Sure, here’s the revised Python code that uses polars and parallel processing to optimize the budget distribution and calculate product_on_top_discount for each vendor-product combination:

import polars as pl
from polars import col, when
from sklearn.model_selection import train_test_split
from sklearn.linear_model import LinearRegression

# Load historical order detail data
order_detail_df = pl.read_csv('order_detail.csv', n_threads=4)

# Load input list
input_list_df = pl.read_csv('input_list.csv', n_threads=4)

# Join order detail with product and vendor information
data_df = order_detail_df.join(input_list_df, on=['vendor_id', 'product_id'], how='inner')

# Select relevant columns
data_df = data_df.select(['vendor_id', 'product_id', 'product_quantity', 'product_total_discount', 'product_on_top_discount'])

# Split data into training and testing sets
X = data_df[['vendor_id', 'product_id', 'product_total_discount']]
y = data_df['product_quantity']
X_train, X_test, y_train, y_test = train_test_split(X, y, test_size=0.2, random_state=42)

# Train linear regression model
model = LinearRegression()
model.fit(X_train.to_pandas(), y_train.to_pandas())

# Get the budget limit from user
budget_limit = float(input("Enter budget limit: "))

# Calculate predicted sales for each vendor-product combination
predicted_sales = model.predict(input_list_df[['vendor_id', 'product_id', 'vendor_discount']].to_pandas())
input_list_df = input_list_df.with_column('predicted_sales', predicted_sales)

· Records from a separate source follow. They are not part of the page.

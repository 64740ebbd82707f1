-- ===== src/Gateway/RateLimit/Laws.antt =====
-- rate-limit.ts: what a window lets through, and for how long a cooldown refuses.
use sw_itch_remake.Base.{
  ℕ, ◌+◌, ◌<◌, String, ◌≡◌, refl, sym, ◌≢◌, ◌⊎◌, ite, Bool, true, false, ◌&&◌, Option, none, some,
  List, [], ◌∷◌, arith, ltb, ◌==◌, if◌then◌else◌, All, all,
}
use sw_itch_remake.Base.Maps.{get, set, get-set, get-filter_kept}
use sw_itch_remake.Gateway.RateLimit.{
  RateDecision, Bucket, Key, Key-discrete, Policy, RateLimiter, RateSubject, RateScope, bucket_for,
  hit, judge, check_keys, sweep, subject_keys, is_cooling, start_cooling, cooldown,
}

-- How many calls of the key this window has seen.
abbrev pub seen : ℕ → Option Bucket → ℕ
seen window none = 0
seen window (some b) = if b.window == window then b.count else 0

abbrev pub is_among : Key → List Key → Bool
is_among j [] = false
is_among j (k ∷ ks) = ite (Key-discrete k j) true (is_among j ks)

is_among-distinct : (k : Key) (ks : List Key) → All (λ j. k ≢ j) ks → is_among k ks ≡ false
is_among-distinct k [] h = refl
is_among-distinct k (j ∷ ks) h =
    elim (Key-discrete j k) as (λ d. ite d true (is_among k ks) ≡ false) [
      | yes e ↦ absurd (h.0 (sym e))
      | no e ↦ is_among-distinct k ks h.1
    ]

module _ (window window_ms limit : ℕ) (policy : Policy) where
  hit-seen :
      (o : Option Bucket)
      → let b = hit limit policy (bucket_for window window_ms o) in
        (b.window ≡ window) × (b.count ≡ seen window o + 1)
  unfolding hit bucket_for
  hit-seen none = ground arith
  hit-seen (some b) = ground arith

  -- Whether the key has room for one more call.
  abbrev pub has_room : List (Key × Bucket) → Key → Bool
  has_room m k = ltb (seen window (get Key-discrete k m)) limit

  -- The keys are distinct, as those of one subject are.
  abbrev pub Distinct : List Key → Type 0
  Distinct [] = Unit
  Distinct (k ∷ ks) = All (λ j. k ≢ j) ks × Distinct ks

  has_room-set :
      (k : Key) (b : Bucket) (ks : List Key) (m : List (Key × Bucket))
      → All (λ j. k ≢ j) ks
      → all (has_room (set Key-discrete k b m)) ks ≡ all (has_room m) ks
  has_room-set k b [] m h = refl
  has_room-set k b (j ∷ ks) m h =
      ground (arith, get-set Key-discrete j k b m, has_room-set k b ks m h.1)

  -- The loop lets a call through exactly when every one of its keys has room in this window.
  pub check_keys-allowed :
      (ks : List Key) (m : List (Key × Bucket)) (d : RateDecision)
      → Distinct ks
      → (check_keys window window_ms limit policy ks m d).1.allowed
        ≡ (d.allowed && all (has_room m) ks)
  unfolding check_keys judge
  check_keys-allowed [] m d h = ground arith
  check_keys-allowed (k ∷ ks) m d h =
      let b = hit limit policy (bucket_for window window_ms (get Key-discrete k m)) in
      ground (
        arith,
        check_keys-allowed ks (set Key-discrete k b m) (judge limit policy b d) h.1,
        has_room-set k b ks m h.0,
        hit-seen (get Key-discrete k m),
      )

  -- Each of the call's keys has one more call on record in this window, refused calls included, and
  -- every other key as many as before.
  pub check_keys-seen :
      (j : Key) (ks : List Key) (m : List (Key × Bucket)) (d : RateDecision)
      → Distinct ks
      → seen window (get Key-discrete j (check_keys window window_ms limit policy ks m d).0)
        ≡ seen window (get Key-discrete j m) + (if is_among j ks then 1 else 0)
  unfolding check_keys
  check_keys-seen j [] m d h = ground arith
  check_keys-seen j (k ∷ ks) m d h =
      let b = hit limit policy (bucket_for window window_ms (get Key-discrete k m)) in
      ground (
        arith,
        check_keys-seen j ks (set Key-discrete k b m) (judge limit policy b d) h.1,
        get-set Key-discrete j k b m,
        is_among-distinct k ks h.0,
        hit-seen (get Key-discrete k m),
      )

start_cooling-get :
    (until : ℕ) (j : Key) (ks : List Key) (m : List (Key × ℕ))
    → (get Key-discrete j m ≡ some until) ⊎ (is_among j ks ≡ true)
    → get Key-discrete j (start_cooling until ks m) ≡ some until
unfolding start_cooling
start_cooling-get until j [] m h = ground arith
start_cooling-get until j (k ∷ ks) m h =
    start_cooling-get until j ks (set Key-discrete k until m)
      (ground (arith, get-set Key-discrete j k until m))

is_cooling-found :
    (now until : ℕ) (j : Key) (ks : List Key) (m : List (Key × ℕ))
    → get Key-discrete j m ≡ some until
    → now < until
    → is_among j ks ≡ true
    → is_cooling now ks m ≡ true
unfolding is_cooling
is_cooling-found now until j [] m g h a = cc
is_cooling-found now until j (k ∷ ks) m g h a = ground (arith, is_cooling-found now until j ks m)

sweep-cooling :
    (now : ℕ) (k : Key) (until : ℕ) (s : RateLimiter)
    → get Key-discrete k s.cooldowns ≡ some until
    → now < until
    → get Key-discrete k (sweep now s).cooldowns ≡ some until
unfolding sweep
sweep-cooling now k until s g h =
    ground (arith, get-filter_kept Key-discrete (λ e. ltb now e.1) k until s.cooldowns)

-- After a use that was let through, the same rule refuses every later use that shares a key with it
-- until the cooldown has passed, whatever its own cooldown and scopes.
pub cooldown_refuses :
    (now later ms ms' : ℕ) (rule rule' : String) (subject subject' : RateSubject)
    (scopes scopes' : List RateScope) (s : RateLimiter) (k : Key)
    → (cooldown now rule subject ms scopes s).1.allowed ≡ true
    → is_among k (subject_keys rule subject scopes) ≡ true
    → is_among k (subject_keys rule' subject' scopes') ≡ true
    → later < now + ms
    → (cooldown later rule' subject' ms' scopes'
        (cooldown now rule subject ms scopes s).0).1.allowed
      ≡ false
unfolding cooldown
cooldown_refuses now later ms ms' rule rule' subject subject' scopes scopes' s k ok a a' h =
    ground (
      arith,
      start_cooling-get (now + ms) k (subject_keys rule subject scopes) (sweep now s).cooldowns,
      sweep-cooling later k (now + ms) (cooldown now rule subject ms scopes s).0,
      is_cooling-found later (now + ms) k (subject_keys rule' subject' scopes')
          (sweep later (cooldown now rule subject ms scopes s).0).cooldowns,
    )
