-- ===== src/Gateway/RateLimit/Sweeping.antt =====
-- rate-limit.ts after any calls: reclaiming dead buckets and cooldowns is not observable.
use sw_itch_remake.Base.{ℕ, ◌+◌, ◌*◌, ◌/◌, String, ◌≡◌, List, [], ◌∷◌, All}
use sw_itch_remake.Base.Maps.{get, Unique}
use sw_itch_remake.Gateway.RateLimit.{
  Bucket, Key, Key-discrete, Policy, RateLimiter, RateSubject, RateScope, bucket_for, check,
  cooldown,
}

-- The calls of a limiter, each with its time.
pub data Call : Type 0 where
  checks : ℕ → String → RateSubject → ℕ → Policy → Call
  cools : ℕ → String → RateSubject → ℕ → List RateScope → Call

-- Each rule has one window size, as it has where `check` is called.
module _ (window_of : String → ℕ) where
  unfoldable pub step : RateLimiter → Call → RateLimiter
  step s (checks now rule subject limit policy) =
      (check now rule subject limit (window_of rule) policy s).0
  step s (cools now rule subject ms scopes) = (cooldown now rule subject ms scopes s).0

  unfoldable pub run : RateLimiter → List Call → RateLimiter
  run s [] = s
  run s (c ∷ cs) = run (step s c) cs

  -- A bucket expires when the window after the next one of its rule begins.
  abbrev IsTimed : Key × Bucket → Type 0
  IsTimed e = e.1.expires_at ≡ (e.1.window + 2) * window_of e.0.rule

  record Inv (s : RateLimiter) : Type 0 where
    unique_buckets : Unique Key-discrete s.buckets
    timed : All IsTimed s.buckets
    unique_cooldowns : Unique Key-discrete s.cooldowns

  -- Whether a key is of the rule.
  abbrev IsOf : String → Key → Type 0
  IsOf rule k = k.rule ≡ rule

  -- What a key's next call starts from.
  abbrev Alike : ℕ → String → List (Key × Bucket) → List (Key × Bucket) → Key → Type 0
  Alike now rule m m' k =
      bucket_for (now / window_of rule) (window_of rule) (get Key-discrete k m)
      ≡ bucket_for (now / window_of rule) (window_of rule) (get Key-discrete k m')
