-- ===== src/Db/Users/Tests.antt =====
-- A user who comes twice.
use poly_holy_market_bot.Prelude.{◌≡◌, refl, none, some, codes, text_eq, map_option}
use poly_holy_market_bot.Db.Models.{Db, empty_db}
use poly_holy_market_bot.Db.Users.{
  get_user, get_or_create_user, set_language, set_active_account, normalize_lang, new_user,
}

abbrev first_visit : Db
first_visit = (get_or_create_user 107 (some (codes "ali")) none (codes "fa") empty_db).1

row_updated :
    get_user 107 (set_active_account 107 (some 3) (set_language 107 (codes "xx") first_visit)).users
    ≡ map_option
        (λ u. record u { active_account_id = some 3; language = codes "en" })
        (get_user 107 first_visit.users)
unfolding set_active_account set_language normalize_lang get_or_create_user get_user new_user
    text_eq
row_updated = refl
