-- ===== src/Polymarket.antt =====
-- The package polymarket/.
pub mod Markets
pub mod AccountManager
pub mod Client
pub mod Auth
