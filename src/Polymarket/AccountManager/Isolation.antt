-- ===== src/Polymarket/AccountManager/Isolation.antt =====
-- polymarket/account_manager.py: what holds of the cache in every state that any interleaving of
-- the calls reaches. A call of `get_trading_client` is several steps, as it awaits the load.
use poly_holy_market_bot.Prelude.{
  ℕ, ◌≤◌, ◌≡◌, Bool, true, not, Option, none, some, List, [], ◌∷◌, ◌++◌, length, length-filter,
  length-append, filter, All, All-append, All-filter, find-All, arith, ◌==◌, or_else, Bool-cases,
  Option-cases, inl, inr,
}
use mathlib.Core.Path.{subst}
use poly_holy_market_bot.Polymarket.AccountManager.{
  Got, got, raised, Entry, AccountManager, has_key, find_entry, remove_entry, expired, move_to_end,
  put, dispose_expired, keep_client, client_for, get_trading_client, invalidate, clear,
}
use poly_holy_market_bot.Polymarket.AccountManager.Laws.{
  IsKeyed, length-evict, evict-All, evict-IsKeyed, filter-IsKeyed, restore-IsKeyed,
  length-remove_entry, found_key, found_own,
}

-- `Owns u a c`: the client `c` was built from the credentials of the account `a` of user `u`.
module _ {C : Type 0} (Owns : ℕ → ℕ → C → Type 0) where
  abbrev pub OwnedBy : Entry C → Type 0
  OwnedBy e = Owns e.user_id e.account_id e.client

  -- The cache stays within its bound, has one entry for a key, and no client of another account.
  pub record IsValid (m : AccountManager C) : Type 0 where
    pub bounded : length m.cache ≤ m.max_clients
    pub keyed : IsKeyed m.cache
    pub owned : All OwnedBy m.cache

  -- What the calls do to the cache between two awaits.
  pub data Step : AccountManager C → AccountManager C → Type 0 where
    reuse :
        (m : AccountManager C) (u a : ℕ) (e : Entry C)
        → find_entry u a m.cache ≡ some e
        → Step m (move_to_end e m)
    drop : (m : AccountManager C) (u a : ℕ) → Step m (dispose_expired (find_entry u a m.cache) m)
    store : (m : AccountManager C) (now u a : ℕ) (c : C) → Owns u a c → Step m (put now u a c m)
    forget : (m : AccountManager C) (u : ℕ) (a : Option ℕ) → Step m (invalidate u a m)
    empty : (m : AccountManager C) → Step m (clear m)

  pub data Reaches (m : AccountManager C) : AccountManager C → Type 0 where
    here : Reaches m m
    next : {n o : AccountManager C} → Reaches m n → Step n o → Reaches m o

  reuse-IsValid :
      (m : AccountManager C) (u a : ℕ) (e : Entry C)
      → find_entry u a m.cache ≡ some e
      → IsValid m
      → IsValid (move_to_end e m)
  reuse-IsValid m u a e found v =
      let found' = found_own u a e m.cache found in
      record {
        bounded = omega (
          arith,
          v.bounded,
          length-append (remove_entry e.user_id e.account_id m.cache) (e ∷ []),
          length-remove_entry e.user_id e.account_id e m.cache found',
        );
        keyed = restore-IsKeyed e m.cache v.keyed;
        owned =
            All-append OwnedBy (remove_entry e.user_id e.account_id m.cache) (e ∷ [])
              (All-filter OwnedBy (λ f. not (has_key e.user_id e.account_id f)) m.cache v.owned)
              (find-All OwnedBy (has_key u a) m.cache e v.owned found, tt);
      }

  filter-IsValid :
      (p : Entry C → Bool) (m : AccountManager C) (closed : List C)
      → IsValid m
      → IsValid (record m { cache = filter p m.cache; disposed = closed })
  filter-IsValid p m closed v = record {
    bounded = omega (arith, v.bounded, length-filter p m.cache);
    keyed = filter-IsKeyed p m.cache v.keyed;
    owned = All-filter OwnedBy p m.cache v.owned;
  }

  drop-IsValid :
      (entry : Option (Entry C)) (m : AccountManager C)
      → IsValid m
      → IsValid (dispose_expired entry m)
  drop-IsValid none m v = v
  drop-IsValid (some e) m v =
      filter-IsValid (λ f. not (has_key e.user_id e.account_id f)) m (e.client ∷ m.disposed) v

  put-IsValid :
      (m : AccountManager C) (now u a : ℕ) (c : C)
      → Owns u a c
      → IsValid m
      → IsValid (put now u a c m)
  unfolding put
  put-IsValid m now u a c own v =
      let e : Entry C = record { user_id = u; account_id = a; client = c; created = now } in
      let stored = remove_entry u a m.cache ++ e ∷ [] in
      record {
        bounded = length-evict m.max_clients stored;
        keyed = evict-IsKeyed m.max_clients stored (restore-IsKeyed e m.cache v.keyed);
        owned = evict-All OwnedBy m.max_clients stored (
            All-append OwnedBy (remove_entry u a m.cache) (e ∷ [])
              (All-filter OwnedBy (λ f. not (has_key u a f)) m.cache v.owned) (own, tt));
      }

  invalidate-IsValid :
      (m : AccountManager C) (u : ℕ) (a : Option ℕ) → IsValid m → IsValid (invalidate u a m)
  unfolding invalidate
  invalidate-IsValid m u none v =
      filter-IsValid (λ e. not (e.user_id == u)) m (invalidate u none m).disposed v
  invalidate-IsValid m u (some a) v =
      filter-IsValid (λ e. not (has_key u a e)) m (invalidate u (some a) m).disposed v

  clear-IsValid : (m : AccountManager C) → IsValid (clear m)
  unfolding clear
  clear-IsValid m = record { bounded = omega arith; keyed = tt; owned = tt }

  step-IsValid : (m n : AccountManager C) → Step m n → IsValid m → IsValid n
  step-IsValid _ _ (reuse m u a e found) v = reuse-IsValid m u a e found v
  step-IsValid _ _ (drop m u a) v = drop-IsValid (find_entry u a m.cache) m v
  step-IsValid _ _ (store m now u a c own) v = put-IsValid m now u a c own v
  step-IsValid _ _ (forget m u a) v = invalidate-IsValid m u a v
  step-IsValid _ _ (empty m) v = clear-IsValid m

  -- However the calls interleave at their awaits, the cache never exceeds `max_clients`, holds at
  -- most one client for an account, and every client in it under the credentials it was built from.
  pub Reaches-IsValid : (m n : AccountManager C) → Reaches m n → IsValid m → IsValid n
  Reaches-IsValid m _ here v = v
  Reaches-IsValid m o (next {n = n} before step) v =
      step-IsValid n o step (Reaches-IsValid m n before v)

  keep_client-load :
      (built_at u a : ℕ) (g : Got C) (m : AccountManager C) (c : C)
      → (keep_client built_at u a g m).0 ≡ got c
      → g ≡ got c
  keep_client-load built_at u a (got client) m c h = h
  keep_client-load built_at u a (raised e) m c h = h

  unbuilt :
      (load : ℕ → ℕ → Got C) (now built_at u a : ℕ) (m : AccountManager C) (c : C)
      → find_entry u a m.cache ≡ none
      → (client_for load now built_at u a m).0 ≡ got c
      → (keep_client built_at u a (load u a) (dispose_expired (find_entry u a m.cache) m)).0 ≡ got c
  unfolding client_for
  unbuilt load now built_at u a m c missing h = ground arith

  rebuilt :
      (load : ℕ → ℕ → Got C) (now built_at u a : ℕ) (m : AccountManager C) (c : C) (e : Entry C)
      → find_entry u a m.cache ≡ some e
      → expired m.ttl now e ≡ true
      → (client_for load now built_at u a m).0 ≡ got c
      → (keep_client built_at u a (load u a) (dispose_expired (find_entry u a m.cache) m)).0 ≡ got c
  unfolding client_for
  rebuilt load now built_at u a m c e found old h = ground arith

  client_for-Owns :
      (load : ℕ → ℕ → Got C) (now built_at u a : ℕ) (m : AccountManager C) (c : C)
      → ((u' a' : ℕ) (c' : C) → load u' a' ≡ got c' → Owns u' a' c')
      → IsValid m
      → (client_for load now built_at u a m).0 ≡ got c
      → Owns u a c
  unfolding client_for
  client_for-Owns load now built_at u a m c owns v h =
      elim (Option-cases (find_entry u a m.cache)) [
        | inl missing ↦ owns u a c (
            keep_client-load built_at u a (load u a) (dispose_expired (find_entry u a m.cache) m) c
              (unbuilt load now built_at u a m c missing h))
        | inr (e, found) ↦ elim (Bool-cases (expired m.ttl now e)) [
          | inl old ↦ owns u a c (
              keep_client-load built_at u a (load u a) (dispose_expired (find_entry u a m.cache) m)
                c (rebuilt load now built_at u a m c e found old h))
          | inr fresh ↦
              let same : e.client ≡ c = ground arith in
              let (eu, ea) = found_key u a e m.cache found in
              let own = find-All OwnedBy (has_key u a) m.cache e v.owned found in
              subst (λ x. Owns x a c) eu
                (subst (λ y. Owns e.user_id y c) ea (subst (Owns e.user_id e.account_id) same own))
        ]
      ]

  -- The client that `get_trading_client` returns belongs to the account that was asked for, or to
  -- the user's default one, and to no other user: a cached one just as a new one.
  pub get_trading_client-Owns :
      (default_account : ℕ → Option ℕ) (load : ℕ → ℕ → Got C) (now built_at u : ℕ)
      (chosen : Option ℕ) (m : AccountManager C) (c : C)
      → ((u' a : ℕ) (c' : C) → load u' a ≡ got c' → Owns u' a c')
      → IsValid m
      → (get_trading_client default_account load now built_at u chosen m).0 ≡ got c
      → (a : ℕ) × (or_else chosen (default_account u) ≡ some a) × Owns u a c
  unfolding get_trading_client
  get_trading_client-Owns default_account load now built_at u chosen m c owns v h =
      elim (Option-cases (or_else chosen (default_account u))) [
        | inl missing ↦ absurd (ground arith)
        | inr (a, picked) ↦ (
          a,
          picked,
          client_for-Owns load now built_at u a m c owns v (rw (picked, get_trading_client) at h),
        )
      ]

# Normalize predicted sales by dividing by total predicted sales across all products
total_predicted_sales = input_list_df['predicted_sales'].sum()
input_list_df = input_list_df.with_column('normalized_sales', input_list_df['predicted_sales'] / total_predicted_sales)

# Calculate additional discount based on budget limit and normalized sales
additional_discount = (budget_limit * input_list_df['normalized_sales']) - (budget_limit * input_list_df['vendor_discount'])
input_list_df = input_list_df.with_column('additional_discount', additional_discount)

# Calculate optimal product_on_top_discount
input_list_df = input_list_df.with_column('product_on_top_discount', when(col('additional_discount') < col('vendor_discount'), col('additional_discount')).otherwise(col('vendor_discount')))

# Save optimized budget and discounts in a new CSV file
input_list_df.select(['vendor_id', 'product_id', 'product_on_top_discount']).to_csv('optimized_budget_and_discounts.csv', index=False)

In this revision, we have replaced pandas with polars, which is a fast and efficient DataFrame library for Python that supports parallel processing.

By setting the n_threads parameter to 4 in pl.read_csv(), we have instructed polars to use four threads to load the data in parallel. We have also used train_test_split() function from sklearn to split the data into training and testing sets.

Next, we have trained the linear regression model using LinearRegression() function from sklearn. After getting the budget limit from the user, we have calculated predicted sales for each vendor-product combination using the trained model.

Then, we have normalized the predicted sales by dividing by the total predicted sales across all products. We have calculated additional discount based on the budget limit and normalized sales. Finally, we have calculated the optimal product_on_top_discount by comparing additional discount and vendor discount for each vendor-product combination.

Finally, we have saved the resulting dataframe to a new CSV file using to_csv() method.

Note that polars provides built-in support for parallel processing, which makes it faster than pandas for large datasets.